# Viewpoint: A Magnetic-Field-Free Exciton Condensate

Physics 11, 39
Experiments suggest that a stable condensate of electron-hole pairs can be obtained without applying a large magnetic field, simplifying future applications based on this unusual pairing phenomenon.

In a semiconductor, an electron can bind to a hole (an empty electronic state with a positive charge) to form a composite particle known as an exciton. Unlike electrons or holes, excitons are bosons. The particles can therefore condense at sufficiently low temperatures into a collective quantum ground state that supports remarkable transport phenomena [1, 2], similar to the zero-resistance flow of current in a superconductor. Thermodynamically stable exciton condensates—condensates that don’t require a constant input of energy—have been produced in certain multilayered structures but only with the application of a large magnetic field, using expensive superconducting magnets. A team led by Emanuel Tutuc at the University of Texas at Austin now reports strong evidence for a similarly stable exciton condensate in a magnetic-field-free setup [3]. Their device consists of a pair of graphene bilayers (two sheets of graphene) separated by an insulating barrier. The long-sought ability to create an exciton condensate without a magnetic field could greatly simplify studies of this many-body effect as well as hasten its use in novel electronic devices.

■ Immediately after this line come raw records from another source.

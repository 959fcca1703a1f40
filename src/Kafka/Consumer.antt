-- ===== src/Kafka/Consumer.antt =====
-- `Consumer.processOne` of pkg/kafkax/kafka.go, with `sendToDLQ` and `sendToRetry` of retry.go.
-- Spans, logs and the time that a message took are left out.
pub mod Attempts
pub mod Outcome
pub mod Passed
use gosplash.Prelude.{ℕ, zero, suc, ◌+◌, ◌-◌, String, Bool, true, false, Option, none, some, ◌∷◌}
use gosplash.Prelude.Int.{ℤ, pos, ◌+ℤ◌}
use gosplash.Kafka.Record.{Message, retry_topic, dlq_topic, header_retry_at, header_retry_count}
use gosplash.Kafka.Headers.{set_header, mark_original, dlq_headers}
use gosplash.Kafka.Failing.{Failing, wrapped, text_of, is_permanent}
use gosplash.Kafka.Backoff.{backoff, max_retry_attempts}
use gosplash.Kafka.Runtime.{Runtime, World, looked, observe, produce, commit_record, finish_sent}

module _ {E S : Type 0} (rt : Runtime E S) where
  abbrev pub run_handler : E → World S → Option Failing × World S
  run_handler e w = let (r, s) = rt.handle e w.user in (r, record w { user = s })

  -- Whether the loop goes on: only after an error that is not permanent.
  unfoldable pub or_retry :
      Option Failing × World S
      → (Failing → World S → Option Failing × World S)
      → Option Failing × World S
  or_retry (none, w) again = (none, w)
  or_retry (some f, w) again = elim (is_permanent f) [ true ↦ (some f, w) | false ↦ again f w ]

  -- The pause after an attempt, `time.Sleep(Backoff(attempt))`.
  abbrev pub nap : ℤ → World S → World S
  nap attempt w = record (looked w) { naps = backoff (rt.int64_n w.looks) attempt ∷ w.naps }

  -- The attempts in place, by how many may follow, and the number of the first.
  unfoldable pub try_in_place : ℕ → ℤ → E → World S → Option Failing × World S
  unfolding or_retry
  try_in_place zero attempt e w = or_retry (run_handler e w) (λ f w'. (some f, w'))
  try_in_place (suc more) attempt e w =
      or_retry (run_handler e w) (λ f w'. try_in_place more (attempt +ℤ pos 1) e (nap attempt w'))

  -- `sendToDLQ` and `sendToRetry`, for a consumer of `topic`.
  unfoldable pub dlq_message : String → Message → String → Message
  unfolding dlq_headers
  dlq_message topic m cause = record m {
    topic = dlq_topic topic;
    headers = dlq_headers rt.strconv m.headers cause m.topic m.partition m.offset;
  }

  unfoldable pub retry_message : String → Message → ℤ → Message
  unfolding mark_original
  retry_message topic m at =
      let timed = set_header m.headers header_retry_at (rt.strconv.format_int at) in
      let counted = set_header timed header_retry_count "1" in
      record m {
        topic = retry_topic topic;
        headers = mark_original rt.strconv counted m.topic m.partition m.offset;
      }

  -- `finishWithDLQ`
  unfoldable pub finish_with_dlq : String → Message → Failing → World S → World S
  unfolding produce finish_sent dlq_message
  finish_with_dlq topic m cause w =
      finish_sent rt m "dlq" "dlq_failed" (produce rt (dlq_message topic m (text_of cause)) w)

  -- `finishWithRetry`
  unfoldable pub finish_with_retry : String → Message → World S → World S
  unfolding produce finish_sent retry_message
  finish_with_retry topic m w =
      let delay = backoff (rt.int64_n w.looks) (pos max_retry_attempts) in
      finish_sent rt m "retry" "retry_failed"
        (produce rt (retry_message topic m (rt.after_ms w.looks delay)) (looked w))

  -- The three ends of `processOne`.
  unfoldable pub settle : String → Message → Option Failing × World S → World S
  unfolding commit_record finish_with_dlq finish_with_retry
  settle topic m (none, w) = observe "ok" (commit_record rt m w)
  settle topic m (some f, w) = elim (is_permanent f) [
    | true ↦ finish_with_dlq topic m f w
    | false ↦ finish_with_retry topic m w
  ]

  -- `processOne`
  unfoldable pub process_one : String → Message → World S → World S
  unfolding try_in_place settle finish_with_dlq
  process_one topic m w = elim (rt.unmarshal m.value) [
    | none ↦ finish_with_dlq topic m (wrapped "разбор конверта: " (rt.unmarshal_error m.value)) w
    | some e ↦ settle topic m (try_in_place (max_retry_attempts - 1) (pos 1) e w)
  ]
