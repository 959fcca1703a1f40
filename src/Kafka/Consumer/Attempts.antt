-- ===== src/Kafka/Consumer/Attempts.antt =====
-- How often a consumer calls its handler for one message: pkg/kafkax/kafka.go.
use gosplash.Kafka.Backoff.{max_retry_attempts}
use gosplash.Kafka.Record.{Message}
use gosplash.Prelude.{
  ℕ, zero, suc, ◌+◌, ◌≤◌, List, [], ◌∷◌, Option, none, some, Bool, true, false, Bool-cases, inl,
  inr, ◌≡◌, refl, arith, All, length, String, ◌-◌,
}
use gosplash.Prelude.Int.{ℤ, pos, ◌+ℤ◌}
use gosplash.Kafka.Failing.{Failing, is_permanent, wrapped}
use gosplash.Kafka.Runtime.{Runtime, World, finish_sent, commit_record, produce, looked}
use gosplash.Kafka.Consumer.{
  run_handler, or_retry, try_in_place, nap, settle, process_one, finish_with_dlq, finish_with_retry,
}

-- The surroundings with a log of the handler's answers in its state, newest first.
abbrev pub logging : {E S : Type 0} → Runtime E S → Runtime E (S × List (Option Failing))
logging rt = record {
  strconv = rt.strconv;
  unmarshal = rt.unmarshal;
  unmarshal_error = rt.unmarshal_error;
  handle = λ e s. let (r, s') = rt.handle e s.0 in (r, (s', r ∷ s.1));
  accepts = rt.accepts;
  int64_n = rt.int64_n;
  after_ms = rt.after_ms;
  still_ahead = rt.still_ahead;
  stopped = rt.stopped;
}

-- An error after which another attempt is worth it.
unfoldable pub is_transient : Option Failing → Bool
is_transient none = false
is_transient (some f) = elim (is_permanent f) [ true ↦ false | false ↦ true ]

-- At most so many answers, and every one before the last is such an error.
unfoldable pub Attempted : ℕ → List (Option Failing) → Type 0
Attempted n [] = 0 ≤ n
Attempted n (r ∷ earlier) = (length earlier + 1 ≤ n) × All (λ a. is_transient a ≡ true) earlier

module _ {E S : Type 0} (rt : Runtime E S) where
  or_retry-Attempted :
      (n : ℕ) (e : E) (w : World (S × List (Option Failing)))
      (again : Failing
        → World (S × List (Option Failing))
        → Option Failing × World (S × List (Option Failing)))
      → length w.user.1 + 1 ≤ n
      → All (λ a. is_transient a ≡ true) w.user.1
      → ((f : Failing)
          → is_transient (some f) ≡ true
          → Attempted n
              (again f
                (record w { user = ((rt.handle e w.user.0).1, some f ∷ w.user.1) })).1.user.1)
      → Attempted n (or_retry (logging rt) (run_handler (logging rt) e w) again).1.user.1
  unfolding or_retry Attempted is_transient
  or_retry-Attempted n e w again le all step = by_answer (rt.handle e w.user.0).0
    where
      by_answer :
          (r : Option Failing)
          → Attempted n
              (or_retry
                (logging rt)
                (r, record w { user = ((rt.handle e w.user.0).1, r ∷ w.user.1) })
                again).1.user.1
      by_answer none = (le, all)
      by_answer (some f) = elim (Bool-cases (is_permanent f)) [
        | inl stop ↦ rw (stop, or_retry) (le, all)
        | inr on ↦ rw (on, or_retry) (step f (rw (on, is_transient) refl))
      ]

  try_in_place-Attempted :
      (n more : ℕ) (attempt : ℤ) (e : E) (w : World (S × List (Option Failing)))
      → length w.user.1 + more + 1 ≤ n
      → All (λ a. is_transient a ≡ true) w.user.1
      → Attempted n (try_in_place (logging rt) more attempt e w).1.user.1
  unfolding try_in_place Attempted
  try_in_place-Attempted n zero attempt e w le all =
      or_retry-Attempted n e w (λ f w'. (some f, w')) (omega (arith, le)) all
        (λ f h. (omega (arith, le), all))
  try_in_place-Attempted n (suc more) attempt e w le all =
      or_retry-Attempted n e w
        (λ f w'. try_in_place (logging rt) more (attempt +ℤ pos 1) e (nap (logging rt) attempt w'))
        (omega (arith, le)) all
        (λ f h. try_in_place-Attempted n more (attempt +ℤ pos 1) e _ (omega (arith, le)) (h, all))

-- What follows the handler leaves its state alone.
module _ {E S : Type 0} (rt : Runtime E S) where
  finish_sent-user :
      (m copy : Message) (result failed : String) (w : World S)
      → (finish_sent rt m result failed (produce rt copy w)).user ≡ w.user
  unfolding finish_sent commit_record produce
  finish_sent-user m copy result failed w = ground arith

  settle-user :
      (topic : String) (m : Message) (r : Option Failing) (w : World S)
      → (settle rt topic m (r, w)).user ≡ w.user
  unfolding settle finish_with_dlq finish_with_retry commit_record
  settle-user topic m none w = ground arith
  settle-user topic m (some f) w = elim (Bool-cases (is_permanent f)) [
    | inl stop ↦ rw (stop, settle) (finish_sent-user m _ "dlq" "dlq_failed" w)
    | inr on ↦ rw (on, settle) (finish_sent-user m _ "retry" "retry_failed" (looked w))
  ]

module _ {E S : Type 0} (rt : Runtime E S) where
  -- A consumer calls its handler at most three times for one message, and calls it again only after
  -- an error that is not permanent: in a log of the answers, newest first, that was empty before,
  -- there are at most `max_retry_attempts` answers, and all but the newest are such errors.
  pub process_one-Attempted :
      (topic : String) (m : Message) (w : World (S × List (Option Failing)))
      → w.user.1 ≡ []
      → Attempted max_retry_attempts (process_one (logging rt) topic m w).user.1
  unfolding process_one Attempted finish_with_dlq
  process_one-Attempted topic m w new = by_envelope (rt.unmarshal m.value)
    where
      by_envelope :
          (o : Option E)
          → Attempted max_retry_attempts
              (elim o as (λ _. World (S × List (Option Failing))) [
                | none ↦
                    finish_with_dlq
                      (logging rt)
                      topic
                      m
                      (wrapped "разбор конверта: " (rt.unmarshal_error m.value))
                      w
                | some e ↦
                    settle
                      (logging rt)
                      topic
                      m
                      (try_in_place (logging rt) (max_retry_attempts - 1) (pos 1) e w)
              ]).user.1
      by_envelope none =
          rw (finish_sent-user (logging rt) m _ "dlq" "dlq_failed" w) (rw new (omega arith))
      by_envelope (some e) =
          let t = try_in_place (logging rt) (max_retry_attempts - 1) (pos 1) e w in
          rw (settle-user (logging rt) topic m t.0 t.1)
            (try_in_place-Attempted rt 3 2 (pos 1) e w (rw new (omega arith)) (rw new tt))
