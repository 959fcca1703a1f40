-- ===== src/Kafka/Headers/Laws.antt =====
-- What is read from headers after one was set.
use gosplash.Prelude.{String, List, [], ◌∷◌, some, str_eq, eq_iff, if◌then◌else◌, ◌≡◌, arith}
use gosplash.Prelude.Int.{ℤ}
use gosplash.Kafka.Record.{
  Header, header_error, header_original_topic, header_original_partition, header_original_offset,
}
use gosplash.Kafka.Headers.{Strconv, header_value, set_header, mark_original, dlq_headers}

pub header_value-set_header :
    (hs : List Header) (k v k' : String)
    → header_value (set_header hs k v) k' ≡ (if str_eq k k' then some v else header_value hs k')
unfolding header_value set_header
header_value-set_header [] k v k' = ground arith
header_value-set_header (h ∷ hs) k v k' =
    ground (arith, eq_iff h.key k, eq_iff h.key k', eq_iff k k', header_value-set_header hs k v k')

-- The headers name the message at these coordinates as the source.
pub record NamesSource (lib : Strconv) (hs : List Header) (topic : String) (partition offset : ℤ)
    : Type 0 where
  pub at_topic : header_value hs header_original_topic ≡ some topic
  pub at_partition : header_value hs header_original_partition ≡ some (lib.format_int partition)
  pub at_offset : header_value hs header_original_offset ≡ some (lib.format_int offset)

pub mark_original-NamesSource :
    (lib : Strconv) (hs : List Header) (topic : String) (partition offset : ℤ)
    → NamesSource lib (mark_original lib hs topic partition offset) topic partition offset
unfolding mark_original
mark_original-NamesSource lib hs topic partition offset = record {
  at_topic = simp header_value-set_header;
  at_partition = simp header_value-set_header;
  at_offset = simp header_value-set_header;
}

pub dlq_headers-NamesSource :
    (lib : Strconv) (hs : List Header) (cause topic : String) (partition offset : ℤ)
    → NamesSource lib (dlq_headers lib hs cause topic partition offset) topic partition offset
unfolding dlq_headers
dlq_headers-NamesSource lib hs cause topic partition offset =
    mark_original-NamesSource lib (set_header hs header_error cause) topic partition offset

Making a thermodynamically stable exciton condensate requires a large number of excitons that don’t quickly recombine and produce light. So-called double-layer systems are promising in this pursuit. These devices consist of two thin layers of either semiconducting or semimetallic material that are separated by an insulating barrier. Voltages applied to metallic gates above and below the device create an excess of electrons in one layer and an excess of holes in the other. The Coulomb interaction between electrons and holes is strong enough in these double-layered systems for the particles to form correlated states, while the barrier allows the charge densities in the two layers to be controlled independently.

In principle, a condensate of excitons can form in these systems, provided that the electron-hole correlations are sufficiently strong. But in order to achieve this, other technologically challenging conditions have to be met: The layers have to be relatively free from disruptive impurities and defects; the densities of electrons and holes in the two layers need to be the same; and the distance between electrons and holes in different layers needs to be sufficiently short compared with the distance between electrons (or holes) in the same layer. This latter requirement ensures that correlations between electrons and holes dominate over electron-electron interactions. Researchers have so far succeeded in achieving these conditions and in producing a condensate by using a large magnetic field to drive the electrons and holes into a quantum Hall state [2]. The Landau levels in the quantum Hall regime have a high density of states, which facilitates the formation of exciton states. This in turn permits the use of a relatively wide tunnel barrier, simplifying device fabrication and the control of the relative densities of the layers.

In this previous work with quantum Hall double-layer devices, the evidence for a condensate was primarily based on observations of two predicted features [2, 48]. The first of these arises from a gradient in the phase of the condensate order parameter, which produces a current. But since this current corresponds to electrons (in one layer) flowing in the same direction as holes (in the other layer), it is equivalent to electron currents flowing in opposite directions in the two layers—a phenomenon known as dissipationless counterflow. The second experimental feature comes from the fact that excitons can be added to the condensate without changing its energy, since all condensed excitons are in the ground state. Thus, if one applies a tiny bias voltage between the two layers, the conductance of electrons tunneling across the barrier is hugely enhanced compared with when the electrons and holes are uncorrelated [2, 5, 6]. This phenomenon (Fig. 1) is similar to the flow of a supercurrent across a barrier between two superconducting regions (Josephson effect).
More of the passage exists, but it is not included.